In 2020, Gov. Brad Little signed a law preventing transgender people from changing their birth certificates, defying a 2018 federal court order banning the Idaho Department of Health and Welfare from doing just that. The court maintained that the practice was unconstitutional despite the new law. This year, lawmakers tried and failed to pass a bill requiring changes to birth certificates to be listed on the certificate, according to the ACLU of Idaho.
In the past several years, legislators have prohibited trans women and girls from competing in female sports; barred public funds from being used for gender-affirming care; banned hormone therapy for minors; mandated students to use bathrooms based on their sex at birth; and defined gender as synonymous with biological sex. Some of those laws have been challenged in court, the Statesman reported.
Little’s office did not immediately respond to an email from the Statesman requesting comment. The Statesman attempted to reach the State Department’s press office, but did not immediately receive a response.
‘Looming threat’: Robertson, trans people across U.S. in limbo
Robertson said she heard stories of other trans people facing challenges with their passports, including a friend of hers whose request to change the marker on her passport was denied and two other individuals from northern Idaho and Minnesota with similar experiences to Robertson’s.
In February, the ACLU sued Trump and the State Department on behalf of seven people unable to obtain correct passports because of the executive order and the department’s new policy. One plaintiff, like Robertson, received a passport identifying her as “male” despite other legal documents identifying her as female. In April, a federal court issued a preliminary injunction requiring the department to issue six of the plaintiffs updated passports reflecting their gender identity. On Tuesday, the court expanded the injunction to apply to any passport holder, not only the plaintiffs, pausing the policy while the lawsuit plays out.
The ACLU of Idaho did not respond to an inquiry from the Statesman about the impacts of the executive order on trans people in Idaho.
In May, Robertson’s father, Mark Robertson, who lives in Boise, sent a letter to U.S. Rep. Mike Simpson, R-Idaho, calling on the congressman to help “expedite the immediate re-issuance of her passport” with a female marker.

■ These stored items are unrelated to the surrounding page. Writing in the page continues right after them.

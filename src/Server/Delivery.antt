-- ===== src/Server/Delivery.antt =====
-- The delivery of events in packages/server/src/distributedServer.ts: the class
-- `NodeConnectionImpl`, and the handlers `Subscribe` and `PollDeltas` over the canonical log.
pub mod Stream
pub mod Paging
pub mod Order
pub mod Schedule
use express_token_revoker.Prelude.{
  ℕ, ◌+◌, Bool, true, false, not, ◌&&◌, ◌||◌, Option, none, some, List, [], ◌∷◌, ◌++◌, map, leb,
  ltb, length, take, if◌then◌else◌,
}
use Prim.Native.Nat.{min}
use express_token_revoker.Prelude.Result.{Result, ok, err}
use express_token_revoker.Prelude.Text.{Text, number, max_safe}
use express_token_revoker.Server.CanonicalWal.Line.{
  CanonicalEvent, entry, tombstone, rotate, event_lsn,
}
use express_token_revoker.Server.CanonicalWal.Wal.{Faults, CanonicalWal, can_serve_from, last_lsn}
use express_token_revoker.Server.CanonicalWal.Read.{read_since}
use express_token_revoker.Server.Coordinator.{OutboundEvent, entry_sent, rotate_sent}

-- `StreamEvent` of the protocol
pub data StreamEvent : Type 0 where
  entry_event : (lsn generation : ℕ) (item : Text) → StreamEvent
  rotate_event : (lsn generation : ℕ) → StreamEvent
  keepalive_event : (coordinator_last_lsn generation : ℕ) → StreamEvent
  resnapshot_event : (generation : ℕ) → StreamEvent

-- The kinds of `OutboundEvent`: what the coordinator broadcasts, and keepalives.
pub data Outbound : Type 0 where
  broadcast_event : OutboundEvent → Outbound
  keepalive_sent : (coordinator_last_lsn generation : ℕ) → Outbound

-- `toStreamEvent`: a tombstone goes out as an entry
abbrev pub to_stream_event : CanonicalEvent → StreamEvent
to_stream_event (entry lsn generation item) = entry_event lsn generation item
to_stream_event (tombstone lsn generation item) = entry_event lsn generation item
to_stream_event (rotate lsn generation) = rotate_event lsn generation

-- `outboundToStreamEvent`
abbrev pub outbound_to_stream_event : Outbound → StreamEvent
outbound_to_stream_event (broadcast_event (entry_sent lsn generation item)) =
    entry_event lsn generation item
outbound_to_stream_event (broadcast_event (rotate_sent lsn generation)) =
    rotate_event lsn generation
outbound_to_stream_event (keepalive_sent lsn generation) = keepalive_event lsn generation

-- The LSN that the deduplication compares: keepalives have none.
abbrev pub outbound_lsn : Outbound → Option ℕ
outbound_lsn (broadcast_event (entry_sent lsn generation item)) = some lsn
outbound_lsn (broadcast_event (rotate_sent lsn generation)) = some lsn
outbound_lsn (keepalive_sent lsn generation) = none

-- A task on the write chain: the drain of the backlog, with its position and what is left of its
-- batch, or an event.
pub data Task : Type 0 where
  drain : ℕ → List CanonicalEvent → Task
  write_event : Outbound → Task

-- `NodeConnectionImpl`. `chain` holds the tasks that have not ended, `written` what was written on
-- the call and `sent` what was recorded in the registry, both the latest first.
pub record Connection : Type 0 where
  pub node_id : Text
  pub last_written_lsn : ℕ
  pub is_closed : Bool
  pub chain : List Task
  pub written : List StreamEvent
  pub sent : List ℕ

abbrev pub drain_batch_size : ℕ
drain_batch_size = 1000

abbrev pub max_poll_events : ℕ
max_poll_events = 10000

-- `enqueue` and `enqueueTask`
unfoldable pub enqueue_task : Task → Connection → Connection
enqueue_task t c = if c.is_closed then c else record c { chain = c.chain ++ t ∷ [] }

-- `close`; the cleanup is the server's
abbrev pub close : Connection → Connection
close c = record c { is_closed = true }

-- `#writeMessage` of an event with an LSN, and what follows it: waiting for a full buffer to drain
-- only delays the tasks behind this one. A call that throws fails the task.
unfoldable pub write_lsn : Bool → StreamEvent → ℕ → Connection → Connection
write_lsn refused message lsn c =
    if refused
    then close c
    else record c { written = message ∷ c.written; last_written_lsn = lsn; sent = lsn ∷ c.sent }

-- `#write` of an open connection
unfoldable pub write : Bool → Outbound → Option ℕ → Connection → Connection
unfolding write_lsn
write refused event none c =
    if refused then close c else record c { written = outbound_to_stream_event event ∷ c.written }
write refused event (some lsn) c =
    if leb lsn c.last_written_lsn
    then c
    else write_lsn refused (outbound_to_stream_event event) lsn c

-- The `while` loop of the drain, where it reads the next batch.
unfoldable pub next_batch : ℕ → Result (List CanonicalEvent) → List Task → Connection → Connection
next_batch from (err e) rest c = close (record c { chain = rest })
next_batch from (ok []) rest c = record c { chain = rest }
next_batch from (ok (e ∷ es)) rest c = record c { chain = drain from (e ∷ es) ∷ rest }

-- The connection that `Subscribe` makes for a cursor that can be served: the drain, then the
-- keepalive that marks its end, with the coordinator's generation.
abbrev pub new_connection : Text → ℕ → ℕ → CanonicalWal → Connection
new_connection id from generation w = record {
  node_id = id;
  last_written_lsn = from;
  is_closed = false;
  chain = drain from [] ∷ write_event (keepalive_sent (last_lsn w) generation) ∷ [];
  written = [];
  sent = [];
}

abbrev pub page_size : Option ℕ → ℕ
page_size none = min drain_batch_size max_poll_events
page_size (some requested) =
    min (if ltb 0 requested then requested else drain_batch_size) max_poll_events

-- The reply of `PollDeltas`: its events and `moreAvailable`.
abbrev pub page_of : ℕ → List CanonicalEvent → List StreamEvent × Bool
page_of max_events batch =
    (map to_stream_event (take max_events batch), ltb max_events (length batch))

module _ (other : Text → Option ℕ) where
  -- One step of the first task on the chain. On a closed connection a task ends at once.
  unfoldable pub step_chain : Bool → Faults → CanonicalWal → List Task → Connection → Connection
  unfolding next_batch write write_lsn read_since
  step_chain refused faults w [] c = c
  step_chain refused faults w (write_event event ∷ rest) c =
      if c.is_closed
      then record c { chain = rest }
      else write refused event (outbound_lsn event) (record c { chain = rest })
  step_chain refused faults w (drain from [] ∷ rest) c =
      if c.is_closed
      then record c { chain = rest }
      else next_batch from (read_since other faults from drain_batch_size w) rest c
  step_chain refused faults w (drain from (e ∷ es) ∷ rest) c =
      if c.is_closed
      then record c { chain = rest }
      else write_lsn refused (to_stream_event e) (event_lsn e)
          (record c { chain = if refused then rest else drain (event_lsn e) es ∷ rest })

  unfoldable pub step : Bool → Faults → CanonicalWal → Connection → Connection
  unfolding step_chain
  step refused faults w c = step_chain refused faults w c.chain c

  -- `toLsn` of the text of an `int64`
  unfoldable pub to_lsn : Text → Option ℕ
  to_lsn value = elim (number other value) [
    | none ↦ none
    | some n ↦ if leb n max_safe then some n else none
  ]

  -- `PollDeltas` from the check of the retention floor on
  unfoldable pub poll_deltas :
      Faults → ℕ → Option ℕ → ℕ → CanonicalWal → Result (List StreamEvent × Bool)
  unfolding read_since can_serve_from
  poll_deltas faults from_lsn requested generation w =
      if not (can_serve_from from_lsn w)
      then ok (resnapshot_event generation ∷ [], false)
      else elim (read_since other faults from_lsn (page_size requested + 1) w) [
        | err e ↦ err e
        | ok batch ↦ ok (page_of (page_size requested) batch)
      ]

He told the Statesman by email that Simpson’s office responded Monday confirming that the letter had been received.
“As a dad, seeing my daughter impacted in a way, with a bull’s-eye placed on her now, it’s deeply concerning,” Mark Robertson said in a phone interview. “I want nothing but the best for my daughter, for her to be happy, healthy, (a) contributing member of the society, and this makes it really difficult for her to do that.”
Simpson’s office did not immediately respond to an email from the Statesman requesting comment.

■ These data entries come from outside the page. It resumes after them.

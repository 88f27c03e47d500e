-- ===== src/Server/Delivery/Order.antt =====
-- The order of what a connection of packages/server/src/distributedServer.ts writes: the invariant
-- of its write chain, which a step keeps.
use express_token_revoker.Prelude.{
  branch, ℕ, ◌+◌, ◌<◌, ◌≤◌, ◌≡◌, refl, Bool, true, false, Option, none, some, List, [], ◌∷◌, ◌++◌,
  arith, leb, Bool-cases, inl, inr,
}
use express_token_revoker.Prelude.Result.{Result, ok, err}
use express_token_revoker.Prelude.Text.{Text}
use express_token_revoker.Server.CanonicalWal.Line.{CanonicalEvent, event_lsn}
use express_token_revoker.Server.CanonicalWal.Wal.{Faults, CanonicalWal}
use express_token_revoker.Server.CanonicalWal.Read.{read_since}
use express_token_revoker.Server.CanonicalWal.Climb.{Climbs, AnswerClimbs, read_since-AnswerClimbs}
use express_token_revoker.Server.Delivery.{
  StreamEvent, Outbound, outbound_to_stream_event, outbound_lsn, to_stream_event, Task, drain,
  write_event, Connection, close, next_batch, write, write_lsn, step_chain, drain_batch_size,
}

-- The latest first: below `bound`, each above the next, and the last above `from`.
abbrev pub FallsTo : ℕ → ℕ → List ℕ → Type 0
FallsTo from bound [] = from < bound
FallsTo from bound (n ∷ ns) = (n < bound) × FallsTo from n ns

FallsTo-weaken : (from a b : ℕ) (ns : List ℕ) → a ≤ b → FallsTo from a ns → FallsTo from b ns
FallsTo-weaken from a b [] h f = omega (arith, h, f)
FallsTo-weaken from a b (n ∷ ns) h (below, f) = (omega (arith, h, below), f)

-- Only the first task may be the drain, and it is not behind what was written.
abbrev is_drain : Task → Bool
is_drain (drain from es) = true
is_drain (write_event event) = false

abbrev AllWrites : List Task → Type 0
AllWrites [] = Unit
AllWrites (t ∷ ts) = (is_drain t ≡ false) × AllWrites ts

abbrev HeadFrom : ℕ → Task → Type 0
HeadFrom last (drain from es) = (last ≤ from) × Climbs from es
HeadFrom last (write_event event) = Unit

abbrev ChainFrom : ℕ → List Task → Type 0
ChainFrom last [] = Unit
ChainFrom last (t ∷ ts) = HeadFrom last t × AllWrites ts

AllWrites-ChainFrom : (last : ℕ) (ts : List Task) → AllWrites ts → ChainFrom last ts
AllWrites-ChainFrom last [] h = tt
AllWrites-ChainFrom last (write_event event ∷ ts) (_, h) = (tt, h)
AllWrites-ChainFrom last (drain from es ∷ ts) (wrong, h) = cc

AllWrites-append :
    (e : Outbound) (ts : List Task) → AllWrites ts → AllWrites (ts ++ write_event e ∷ [])
AllWrites-append e [] h = (refl, tt)
AllWrites-append e (t ∷ ts) (k, h) = (k, AllWrites-append e ts h)

pub ChainFrom-append :
    (last : ℕ) (e : Outbound) (ts : List Task)
    → ChainFrom last ts
    → ChainFrom last (ts ++ write_event e ∷ [])
ChainFrom-append last e [] h = (tt, tt)
ChainFrom-append last e (t ∷ ts) (k, h) = (k, AllWrites-append e ts h)

pub record IsOrdered (from : ℕ) (c : Connection) : Type 0 where
  pub falls : FallsTo from (c.last_written_lsn + 1) c.sent
  pub chained : ChainFrom c.last_written_lsn c.chain

abbrev pub with_chain : List Task → Connection → Connection
with_chain ts c = record c { chain = ts }

-- The rest of the chain after its first task has ended.
rest-IsOrdered :
    (from : ℕ) (rest : List Task) (c : Connection)
    → AllWrites rest
    → FallsTo from (c.last_written_lsn + 1) c.sent
    → IsOrdered from (with_chain rest c)
rest-IsOrdered from rest c h f = record {
  falls = f;
  chained = AllWrites-ChainFrom c.last_written_lsn rest h;
}

-- The write of an LSN above the last one that was written.
abbrev logged : StreamEvent → ℕ → List Task → Connection → Connection
logged message lsn ts c = record c {
  chain = ts;
  written = message ∷ c.written;
  last_written_lsn = lsn;
  sent = lsn ∷ c.sent;
}

logged-IsOrdered :
    (from : ℕ) (message : StreamEvent) (lsn : ℕ) (ts : List Task) (c : Connection)
    → c.last_written_lsn < lsn
    → ChainFrom lsn ts
    → FallsTo from (c.last_written_lsn + 1) c.sent
    → IsOrdered from (logged message lsn ts c)
logged-IsOrdered from message lsn ts c above h f = record {
  falls = (
    omega arith,
    FallsTo-weaken from (c.last_written_lsn + 1) lsn c.sent (omega (arith, above)) f,
  );
  chained = h;
}

write-IsOrdered :
    (from : ℕ) (refused : Bool) (event : Outbound) (lsn : Option ℕ) (rest : List Task)
    (c : Connection)
    → AllWrites rest
    → FallsTo from (c.last_written_lsn + 1) c.sent
    → IsOrdered from (write refused event lsn (with_chain rest c))
unfolding write write_lsn
write-IsOrdered from true event none rest c h f = rest-IsOrdered from rest (close c) h f
write-IsOrdered from false event none rest c h f =
    rest-IsOrdered from rest (record c { written = outbound_to_stream_event event ∷ c.written }) h f
write-IsOrdered from refused event (some lsn) rest c h f =
    elim (Bool-cases (leb lsn c.last_written_lsn)) [
      | inl seen ↦ simp seen (rest-IsOrdered from rest c h f)
      | inr new ↦
          let above : c.last_written_lsn < lsn = ground (arith, new) in
          simp new (
            branch (IsOrdered from) refused (close (with_chain rest c))
              (logged (outbound_to_stream_event event) lsn rest c)
              (rest-IsOrdered from rest (close c) h f)
              (logged-IsOrdered from (outbound_to_stream_event event) lsn rest c above
                (AllWrites-ChainFrom lsn rest h) f))
    ]

next_batch-IsOrdered :
    (from at : ℕ) (answer : Result (List CanonicalEvent)) (rest : List Task) (c : Connection)
    → AnswerClimbs at answer
    → c.last_written_lsn ≤ at
    → AllWrites rest
    → FallsTo from (c.last_written_lsn + 1) c.sent
    → IsOrdered from (next_batch at answer rest c)
unfolding next_batch
next_batch-IsOrdered from at (err e) rest c a reach h f = rest-IsOrdered from rest (close c) h f
next_batch-IsOrdered from at (ok []) rest c a reach h f = rest-IsOrdered from rest c h f
next_batch-IsOrdered from at (ok (e ∷ es)) rest c a reach h f = record {
  falls = f;
  chained = ((reach, a), h);
}

module _ (other : Text → Option ℕ) (from : ℕ) where
  pub step-IsOrdered :
      (refused : Bool) (faults : Faults) (w : CanonicalWal) (ts : List Task) (c : Connection)
      → ChainFrom c.last_written_lsn ts
      → FallsTo from (c.last_written_lsn + 1) c.sent
      → IsOrdered from (step_chain other refused faults w ts (with_chain ts c))
  unfolding step_chain write_lsn
  step-IsOrdered refused faults w [] c h f = record { falls = f; chained = tt }
  step-IsOrdered refused faults w (write_event event ∷ rest) c (_, h) f =
      branch (IsOrdered from) c.is_closed (with_chain rest c)
        (write refused event (outbound_lsn event) (with_chain rest c))
        (rest-IsOrdered from rest c h f)
        (write-IsOrdered from refused event (outbound_lsn event) rest c h f)
  step-IsOrdered refused faults w (drain at [] ∷ rest) c ((reach, _), h) f =
      branch (IsOrdered from) c.is_closed (with_chain rest c)
        (next_batch at (read_since other faults at drain_batch_size w) rest
          (with_chain (drain at [] ∷ rest) c))
        (rest-IsOrdered from rest c h f)
        (next_batch-IsOrdered from at (read_since other faults at drain_batch_size w) rest
          (with_chain (drain at [] ∷ rest) c)
          (read_since-AnswerClimbs other faults at drain_batch_size w) reach h f)
  step-IsOrdered true faults w (drain at (e ∷ es) ∷ rest) c ((reach, _), h) f =
      branch (IsOrdered from) c.is_closed (with_chain rest c) (close (with_chain rest c))
        (rest-IsOrdered from rest c h f) (rest-IsOrdered from rest (close c) h f)
  step-IsOrdered false faults w (drain at (e ∷ es) ∷ rest) c ((reach, (first, climbs)), h) f =
      branch (IsOrdered from) c.is_closed (with_chain rest c)
        (logged (to_stream_event e) (event_lsn e) (drain (event_lsn e) es ∷ rest) c)
        (rest-IsOrdered from rest c h f)
        (logged-IsOrdered from (to_stream_event e) (event_lsn e) (drain (event_lsn e) es ∷ rest) c
          (omega (arith, reach, first)) ((omega arith, climbs), h) f)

Robertson said she is not sure of all the legal ramifications of holding conflicting IDs, and she is not traveling outside of Austria for the time being.
“This has the possibility to cause a lot of problems of a variety that I at least have no real sense of,” she said. “Like, what they could actually be, how far they could go, what the consequences could be.”
She said she’s “in a lucky position” – her visa is safe for now. Still, she said, it’s “a looming threat.”